Tra i compiti dell’organismo il supporto ai soggetti pubblici e privati nazionali, che erogano servizi essenziali, nella prevenzione e mitigazione degli incidenti, nonché ai fini del ripristino dei sistemi, nonchè la promozione di campagne di sensibilizzazione e diffusione della cultura della cybersicurezza. Baldoni lascia nel pieno della campagna di attacchi hacker del collettivo filorusso Noname057(16) che anche oggi ha preso di mira siti di una serie di ministeri ed istituzioni. Non è una novità, nè un fenomeno italiano, visto che la campagna cyber di Mosca ha nel mirino tutti i Paesi che sostengono l’Ucraina.

Apparentemente il sistema ha comunque tenuto e non si sarebbero verificati disservizi rilevanti. Il referente politico del direttore dell’Agenzia è il sottosegretario Alfredo Mantovano, Autorità delegata alla sicurezza della Repubblica. I due erano presenti martedì scorso alla sede dell’intelligence di piazza Dante per l’illustrazione della relazione annuale dei servizi che, come ogni anno, ha dedicato ampio spazio.alla minaccia cibernetica.

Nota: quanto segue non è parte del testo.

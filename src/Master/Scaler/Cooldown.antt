-- ===== src/Master/Scaler/Cooldown.antt =====
-- The time between scale-ups.
use dist_command_exec.Prelude.{◌-◌, ◌≤◌, ◌≡◌, true, none, some, List, arith, length}
use dist_command_exec.Prelude.Int.{ℤ, pos, ◌<ℤ◌, ltb_ℤ, ◌-ℤ◌}
use dist_command_exec.Types.{Time, Duration}
use dist_command_exec.Master.Registry.{NodeInfo, sub_time}
use dist_command_exec.Master.Balancer.{total_weight}
use dist_command_exec.Master.Scaler.{
  AutoScaler, Api, Effect, nothing, scale_up, decide, backing_up, needed, ensure_capacity,
}

-- The call has written the number of replicas, with no error.
abbrev pub IsScaled : AutoScaler × Effect → ℤ → Type 0
IsScaled (s, e) w = (e.written ≡ some w) × (e.failure ≡ none)

-- What a call at `now` leaves: the configuration, and the time of a scale-up that it made.
abbrev Stamped : AutoScaler → Time → AutoScaler × Effect → Type 0
Stamped s now r = (r.0.cfg ≡ s.cfg) × ((w : ℤ) → IsScaled r w → r.0.last_scale_up ≡ now)

scale_up-Stamped :
    (s : AutoScaler) (now : Time) (api : Api) (count : ℤ) → Stamped s now (scale_up s now api count)
unfolding scale_up
scale_up-Stamped s now api count = (ground arith, λ w h. ground arith)

backing_up-Stamped :
    (s : AutoScaler) (now : Time) (api : Api) (pending current : ℤ)
    → Stamped s now (backing_up s now api pending current)
unfolding backing_up
backing_up-Stamped s now api pending current =
    let up = scale_up-Stamped s now api (pos 1) in (ground arith, λ w h. ground (arith, up.1 w))

decide-Stamped :
    (s : AutoScaler) (now : Time) (api : Api) (pending current capacity : ℤ)
    → Stamped s now (decide s now api pending current capacity)
unfolding decide
decide-Stamped s now api pending current capacity =
    let up = scale_up-Stamped s now api (needed s.cfg pending current) in
    let back = backing_up-Stamped s now api pending current in
    (ground (arith, up.0, back.0), λ w h. ground (arith, up.1 w, back.1 w))

ensure_capacity-Stamped :
    (s : AutoScaler) (now : Time) (api : Api) (nodes : List NodeInfo) (pending : ℤ)
    → Stamped s now (ensure_capacity s now api nodes pending)
unfolding ensure_capacity
ensure_capacity-Stamped s now api nodes pending =
    let st = decide-Stamped s now api pending (pos (length nodes)) (total_weight (pos 0) nodes) in
    (ground (arith, st.0), λ w h. ground (arith, st.1 w))

ensure_capacity_quiet :
    (s : AutoScaler) (later : Time) (api : Api) (nodes : List NodeInfo) (pending : ℤ)
    → ltb_ℤ (sub_time later s.last_scale_up) s.cfg.cooldown_period ≡ true
    → ensure_capacity s later api nodes pending ≡ (s, nothing)
unfolding ensure_capacity
ensure_capacity_quiet s later api nodes pending soon = ground arith

sub_time_lt :
    (later now : Time) (d : Duration)
    → now ≤ later
    → pos (later - now) <ℤ d
    → ltb_ℤ (sub_time later now) d ≡ true
unfolding sub_time ◌-ℤ◌
sub_time_lt later now d order soon = ground arith

-- Once EnsureCapacity has scaled up, every later call until the cooldown is over does nothing,
-- whatever the nodes and the pending tasks then are.
pub ensure_capacity_cooldown :
    (s : AutoScaler) (now later : Time) (api api' : Api) (nodes nodes' : List NodeInfo)
    (pending pending' w : ℤ)
    → IsScaled (ensure_capacity s now api nodes pending) w
    → now ≤ later
    → pos (later - now) <ℤ s.cfg.cooldown_period
    → let s' = (ensure_capacity s now api nodes pending).0 in
      ensure_capacity s' later api' nodes' pending' ≡ (s', nothing)
ensure_capacity_cooldown s now later api api' nodes nodes' pending pending' w scaled order soon =
    let (same, stamped) = ensure_capacity-Stamped s now api nodes pending in
    ensure_capacity_quiet (ensure_capacity s now api nodes pending).0 later api' nodes' pending'
      (rw (same, stamped w scaled) (sub_time_lt later now s.cfg.cooldown_period order soon))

Baldoni era stato a capo della struttura di difesa cyber dello Stato fin dal gennaio 2018, quando era stato nominato vicedirettore del Dis con il compito di “sviluppare l’Architettura nazionale di Cybersecurity e coordinare le azioni di mitigazione degli attacchi cyber con impatto sulla sicurezza nazionale”. Dal 2002 è professore ordinario di Informatica all’università La Sapienza di Roma dove ha fondato nel 2011 e diretto fino al 2017 il primo centro di ricerca in Italia su “Cyber Intelligence e Sicurezza Informatica”. Nel 2014 ha fondato e diretto fino al 2017 il Laboratorio nazionale di cybersecurity d’Italia che ha riunito più di 200 professori di 45 università pubbliche e private d’Italia.

Ora si cambia. Il Governo punta a sostituire in tempi brevi il professore per dare una nuova guida all’Agenzia, che ha in Nunzia Ciardi il vicedirettore. Il Pnrr ha stanziato ben 623 milioni di euro al settore, mentre sarà riservata all’implementazione della Strategia nazionale di cybersicurezza una quota pari all’1,2% degli investimenti nazionali lordi su base annuale. Toccherà al succesore di Baldoni gestire questi ingenti risorse, secondo le indicazioni che arriveranno dal Governo di centrodestra col quale evidentemente Baldoni non era più in sintonia.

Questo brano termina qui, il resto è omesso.